_WHAT YOU NEED TO DO_: Report every line below that carries the word "contains".

_EXTRACTED DATA_:
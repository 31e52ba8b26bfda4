-- ===== src/Audit.antt =====
-- The audit log of a space (ugoite-core/src/audit.rs): a file of events, one JSON object to a line,
-- in which each event holds the hash of the one before it. A function that writes returns the files
-- it leaves; the lock of a space makes each call one step.
pub mod Space
pub mod Hash
pub mod Log
mod Chain
mod Tamper
mod Append
mod Listing
mod Tests
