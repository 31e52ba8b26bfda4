-- ===== src/Common/Fallible.antt =====
-- Fallible code: `Result<A, E>` of the sources, with `?` as the bind of a `do` block.
use mathlib.Core.Path.{◌≡◌, refl}
use mathlib.Core.Bool.{Bool, true, false}
use mathlib.Core.Option.{Option, none, some}

pub data Result {ℓ κ} (E : Type κ) (A : Type ℓ) : Type (ℓ ⊔ κ) where
  ok : A → Result E A
  err : E → Result E A

-- An early return of an error when the test fails.
abbrev pub guard {ν} : {E : Type ν} → Bool → E → Result E (Unit {0})
guard false failure = err failure
guard true failure = ok tt

-- `Option::ok_or_else`
abbrev pub ok_or {ℓ ν} : {E : Type ν} {A : Type ℓ} → Option A → E → Result E A
ok_or none failure = err failure
ok_or (some a) failure = ok a

infixl 5 ◌>>=◌ ◌>>◌
-- `?`
abbrev pub ◌>>=◌ {ℓ κ ν} :
    {E : Type ν} {A : Type ℓ} {B : Type κ} → Result E A → (A → Result E B) → Result E B
err failure >>= next = err failure
ok a >>= next = next a

abbrev pub ◌>>◌ {κ ν} : {E : Type ν} {B : Type κ} → Result E (Unit {0}) → Result E B → Result E B
checked >> rest = checked >>= λ _. rest

pub ok-injective {ℓ ν} :
    {E : Type ν} {A : Type ℓ} {a b : A} → ◌≡◌ {A = Result E A} (ok a) (ok b) → a ≡ b
ok-injective h = cc

-- What a successful bind has gone through, given to a continuation: its arguments stay variables in
-- a long chain.
pub >>=-inv {ℓ κ ν μ} :
    {E : Type ν} {A : Type ℓ} {B : Type κ} {P : Type μ} (m : Result E A) (f : A → Result E B)
    {b : B}
    → (m >>= f) ≡ ok b
    → ((a : A) → m ≡ ok a → f a ≡ ok b → P)
    → P
>>=-inv (ok a) f h k = k a refl h
>>=-inv (err e) f h k = cc

-- The same as a triple.
pub >>=-parts {ℓ κ ν} :
    {E : Type ν} {First : Type ℓ} {Next : Type κ} (first : Result E First)
    (next : First → Result E Next) {out : Next}
    → (first >>= next) ≡ ok out
    → (value : First) × (first ≡ ok value) × (next value ≡ ok out)
>>=-parts first next h = >>=-inv first next h λ value e k. (value, e, k)

-- `Result::map_err`
abbrev pub map_err {ℓ ν} : {E : Type ν} {A : Type ℓ} → (E → E) → Result E A → Result E A
map_err f (ok a) = ok a
map_err f (err e) = err (f e)
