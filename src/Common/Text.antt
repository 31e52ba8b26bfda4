-- ===== src/Common/Text.antt =====
-- Operations of Rust's `str` that the sources use, over the scalar values of a text.
use Prim.Native.Nat.{ℕ, ◌+◌}
use Prim.Native.Char.{Char, code}
use Prim.Native.String.{String, [], ◌∷◌, ◌++◌ as append}
use mathlib.Core.Bool.{Bool, true, false, ◌&&◌, ◌||◌}
use mathlib.Core.Option.{Option, none, some}
use mathlib.Core.List.{List, [], ◌∷◌}
use ugoite.Common.Tests.{leb, nat_eq, if◌then◌else◌}

infixr 65 ◌⧺◌
-- `format!` and `push_str`
abbrev pub ◌⧺◌ : String → String → String
a ⧺ b = append a b

-- The code points with the property White_Space, which `str::trim` removes.
abbrev pub is_whitespace : ℕ → Bool
is_whitespace c =
    (leb 9 c && leb c 13)
    || nat_eq c 32
    || nat_eq c 133
    || nat_eq c 160
    || nat_eq c 5760
    || (leb 8192 c && leb c 8202)
    || nat_eq c 8232
    || nat_eq c 8233
    || nat_eq c 8239
    || nat_eq c 8287
    || nat_eq c 12288

-- `str::trim_start`
unfoldable pub trim_start : String → String
trim_start [] = []
trim_start (c ∷ s) = if is_whitespace (code c) then trim_start s else c ∷ s

drop_if_last : Char → String → String
drop_if_last c [] = if is_whitespace (code c) then [] else c ∷ []
drop_if_last c (d ∷ s) = c ∷ d ∷ s

-- `str::trim_end`
unfoldable pub trim_end : String → String
unfolding drop_if_last
trim_end [] = []
trim_end (c ∷ s) = drop_if_last c (trim_end s)

-- `str::trim`
unfoldable pub trim : String → String
unfolding trim_start trim_end
trim s = trim_end (trim_start s)

-- `str::is_empty`
abbrev pub is_empty : String → Bool
is_empty [] = true
is_empty (_ ∷ _) = false

-- `str::trim_end_matches`, for one character
drop_matching : ℕ → Char → String → String
drop_matching k c [] = if nat_eq (code c) k then [] else c ∷ []
drop_matching k c (d ∷ s) = c ∷ d ∷ s

unfoldable pub trim_end_matches : ℕ → String → String
unfolding drop_matching
trim_end_matches k [] = []
trim_end_matches k (c ∷ s) = drop_matching k c (trim_end_matches k s)

push_front : Char → List String → List String
push_front c [] = (c ∷ []) ∷ []
push_front c (s ∷ r) = (c ∷ s) ∷ r

-- `str::split`, at one character: never empty
unfoldable pub split : ℕ → String → List String
unfolding push_front
split k [] = [] ∷ []
split k (c ∷ s) = if nat_eq (code c) k then [] ∷ split k s else push_front c (split k s)

-- `u8::to_ascii_lowercase`, on a code point
abbrev pub ascii_lower : ℕ → ℕ
ascii_lower c = if leb b'A' c && leb c b'Z' then c + 32 else c

-- `str::eq_ignore_ascii_case`
unfoldable pub eq_ignore_ascii_case : String → String → Bool
eq_ignore_ascii_case [] [] = true
eq_ignore_ascii_case [] (_ ∷ _) = false
eq_ignore_ascii_case (_ ∷ _) [] = false
eq_ignore_ascii_case (c ∷ s) (d ∷ t) =
    nat_eq (ascii_lower (code c)) (ascii_lower (code d)) && eq_ignore_ascii_case s t

-- `str::starts_with`
unfoldable pub starts_with : String → String → Bool
starts_with [] s = true
starts_with (c ∷ p) [] = false
starts_with (c ∷ p) (d ∷ s) = nat_eq (code c) (code d) && starts_with p s

-- `str::splitn(2, k)`: the text up to the first `k`, and the text after it if there is one.
unfoldable pub splitn_two : ℕ → String → String × Option String
splitn_two k [] = ([], none)
splitn_two k (c ∷ s) =
    let rest = splitn_two k s in if nat_eq (code c) k then ([], some s) else (c ∷ rest.0, rest.1)

-- `str::lines`: a line ends with a line feed, or a carriage return and a line feed.
unfoldable pub lines : String → List String
unfolding push_front starts_with
lines [] = []
lines (c ∷ s) =
    let rest = lines s in
    if nat_eq (code c) 10
    then [] ∷ rest
    else (if nat_eq (code c) 13 && starts_with "\n" s then rest else push_front c rest)

-- `str::strip_prefix`
unfoldable pub strip_prefix : String → String → Option String
strip_prefix [] s = some s
strip_prefix (c ∷ p) [] = none
strip_prefix (c ∷ p) (d ∷ s) = if nat_eq (code c) (code d) then strip_prefix p s else none

-- `str::trim_start_matches`, for one character
unfoldable pub trim_start_matches : ℕ → String → String
trim_start_matches k [] = []
trim_start_matches k (c ∷ s) = if nat_eq (code c) k then trim_start_matches k s else c ∷ s

-- `str::contains`
unfoldable pub contains : String → String → Bool
unfolding starts_with
contains part [] = is_empty part
contains part (c ∷ s) = starts_with part (c ∷ s) || contains part s

-- `[String]::join`
unfoldable pub join : String → List String → String
join sep [] = []
join sep (s ∷ []) = s
join sep (s ∷ t ∷ rest) = s ⧺ sep ⧺ join sep (t ∷ rest)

_ANSWER SPACE_:
-- `str::contains`
unfoldable pub contains : String → String → Bool
contains part [] = is_empty part
contains part (c ∷ s) = starts_with part (c ∷ s) || contains part s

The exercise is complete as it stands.